In this post, I’m going to highlight 12 tools you can use to increase your online privacy. Some methods are more complicated than others, but if you’re serious about privacy, these tips will help you remain anonymous on the open Web. Of course, Internet security is a topic in and of itself, so you’re going to need to do some reading to remain thoroughly protected on all fronts. And remember, even the most careful among us are still vulnerable to imperfect technology.
originally posted by: TorinoFer
a reply to: Ghost147
I am computer security expert, not one of those you get for 20 an hour at a local IT company, I am way beyond that. I dealt with NSA protocols long before Snowden came out.
What you listed can work ONLY if you are an average user looking at average things.
If you are targeted, lets say you have a 9/11 blog or you email your friends all day long about chemtrails etc, those things you mentioned will NOT protect your identity nor your private information.
Every operating system aside from open source ones has backdoors built in. When I get a windows 7 PC to secure, it takes me 15 hours to isolate REDUNDANT backdoors.
It took me 4 hours to secure windows XP
Can you imagine win 8 9 10 11 infinity
It will become impossible for even professionals to do it.
VPN servers are littered with NSA servers, free and paid ones.
Wanna be safe from NSA, move to Russia.
Wanna be safe from Russia, move to USA
originally posted by: rickymouse
At least someone is interested in what I say. I actually don't think I am important enough for them to focus on.

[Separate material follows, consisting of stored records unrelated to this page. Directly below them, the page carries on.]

-- ===== src/OpenFile/Store.antt =====
-- The loop that writes the sectors of a file back.
use nachos_3_4_lab.Prelude.{
  ℕ, zero, suc, ◌+◌, ◌-◌, ◌*◌, ◌/◌, ◌%◌, ◌≤◌, ◌<◌, ◌≡◌, ◌≢◌, ◌∙◌, refl, sym, ap, List, ◌&&◌, ◌==◌,
  ==_ne, ==_refl, ◌⊎◌, ltb, leb, lt→ltb, if◌then◌else◌, length, get_or, arith, Bool-cases, inl, inr,
}
use nachos_3_4_lab.Prelude.Outcome.{ok}
use nachos_3_4_lab.Prelude.Copy.{bytes_at, copy_out_fits, length-bytes_at, get_or-bytes_at}
use nachos_3_4_lab.Disk.{Disk, Sector, write_sector}
use nachos_3_4_lab.FileHeader.{FileHeader}
use nachos_3_4_lab.OpenFile.{write_sectors}
use nachos_3_4_lab.OpenFile.Contents.{
  IsDirect, Formatted, sector_at, contents, byte_to_sector-direct,
}

abbrev with_sector : ℕ → Sector → Disk → Disk
with_sector s bytes d = λ k. if k == s then bytes else d k

with_sector-Formatted :
    (s : ℕ) (bytes : Sector) (d : Disk)
    → length bytes ≡ 128
    → Formatted d
    → Formatted (with_sector s bytes d)
with_sector-Formatted s bytes d size f k lt = ground (arith, f k lt, size)

less_or_greater : (i j : ℕ) → i ≢ j → (i < j) ⊎ (j < i)
less_or_greater i j apart = omega arith

sectors_apart :
    (hdr : FileHeader) (i j : ℕ)
    → IsDirect hdr
    → i * 128 < hdr.num_bytes
    → j * 128 < hdr.num_bytes
    → i ≢ j
    → sector_at hdr i ≢ sector_at hdr j
sectors_apart hdr i j h used_i used_j apart e = elim (less_or_greater i j apart) [
  | inl lt ↦ h.distinct i j lt used_j e
  | inr gt ↦ h.distinct j i gt used_i (sym e)
]

contents_write :
    (hdr : FileHeader) (d : Disk) (i p : ℕ) (bytes : Sector)
    → IsDirect hdr
    → i * 128 < hdr.num_bytes
    → p < hdr.num_bytes
    → contents hdr (with_sector (sector_at hdr i) bytes d) p
      ≡ (if p / 128 == i then get_or bytes (p % 128) 0 else contents hdr d p)
unfolding contents
contents_write hdr d i p bytes h used within = elim (Bool-cases (p / 128 == i)) [
  | inl same ↦
      let q : p / 128 ≡ i = ground (arith, same) in
      rw (q, ==_refl (sector_at hdr i), ==_refl i) refl
  | inr other ↦
      let apart : sector_at hdr (p / 128) ≢ sector_at hdr i =
        sectors_apart hdr (p / 128) i h (omega arith) used (ground (arith, other)) in
      rw (other, ==_ne (sector_at hdr (p / 128)) (sector_at hdr i) apart) refl
]

-- After the sectors from `i` on have been written: byte `p` of the file is byte `p - 128 * first` of
-- the buffer, and nothing else has changed.
pub record Stored (n i first : ℕ) (hdr : FileHeader) (buf : List ℕ) (d d' : Disk) : Type 0 where
  pub formatted : Formatted d'
  pub bytes :
      (p : ℕ)
      → p < hdr.num_bytes
      → contents hdr d' p ≡ (
          if leb (i * 128) p && ltb p ((i + n) * 128)
          then get_or buf (p - first * 128) 0
          else contents hdr d p)
  pub elsewhere : (k : ℕ) → ((j : ℕ) → j * 128 < hdr.num_bytes → k ≢ sector_at hdr j) → d' k ≡ d k

pub write_sectors-Stored :
    (n i first : ℕ) {hdr : FileHeader} {d : Disk} (buf : List ℕ)
    → IsDirect hdr
    → Formatted d
    → first ≤ i
    → (i - first + n) * 128 ≤ length buf
    → (i + n) * 128 < hdr.num_bytes + 128
    → (d' : Disk) × (write_sectors n i first hdr buf d ≡ ok d') × Stored n i first hdr buf d d'
unfolding write_sectors write_sector
write_sectors-Stored zero i first {d = d} buf h f le fits within =
    (d, refl, record { formatted = f; bytes = λ p lt. ground arith; elsewhere = λ k out. refl })
write_sectors-Stored (suc n) i first {hdr} {d} buf h f le fits within =
    let s : ℕ = sector_at hdr i in
    let used : i * 128 < hdr.num_bytes = omega arith in
    let there : s < 1024 = h.on_disk i used in
    let o : ℕ = (i - first) * 128 in
    let block : Sector = bytes_at 128 o buf in
    let d₁ : Disk = with_sector s block d in
    let (d', runs, w) =
      write_sectors-Stored n (i + 1) first {d = d₁} buf h
        (with_sector-Formatted s block d (length-bytes_at 128 o buf) f) (omega arith) (omega arith)
        (omega arith) in
    (
      d',
      rw
          (
            byte_to_sector-direct hdr d i (omega (arith, h.small)),
            copy_out_fits 128 o buf (omega arith),
            lt→ltb s 1024 there,
          )
          runs,
      record {
        formatted = w.formatted;
        bytes = λ p lt.
            let now = contents_write hdr d i p block h used lt in
            let copied = get_or-bytes_at 128 o buf (p % 128) (omega arith) in
            elim (Bool-cases (p / 128 == i)) [
              | inl same ↦
                  let offset : o + p % 128 ≡ p - first * 128 = ground (arith, same) in
                  let there : get_or buf (o + p % 128) 0 ≡ get_or buf (p - first * 128) 0 =
                    ap (λ k. get_or buf k 0) offset in
                  ground (arith, w.bytes p lt, now, copied, there, same)
              | inr other ↦ ground (arith, w.bytes p lt, now, other)
            ];
        elsewhere = λ k out. w.elsewhere k out ∙ ground (arith, out i used);
      },
    )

... So is it really a good idea to use a USB drive/stick to boot your OS?
originally posted by: paraphi
Ditto. The security services have enough trouble keeping track of the nasty bar-stewards, to bother about me, regardless of how many times I write "dodgy" words.
originally posted by: blackspirit
please Mr wizard, tell me what backdoors took soooo long to fix. Seriously curious on what.
originally posted by: kwakakev
A good package to help with your online privacy is a linux package called tails. It a complete Operating System that boots from a USB. A lot of the system settings help protect against any memory leakages and there are tools like tor and others that provide some privacy control.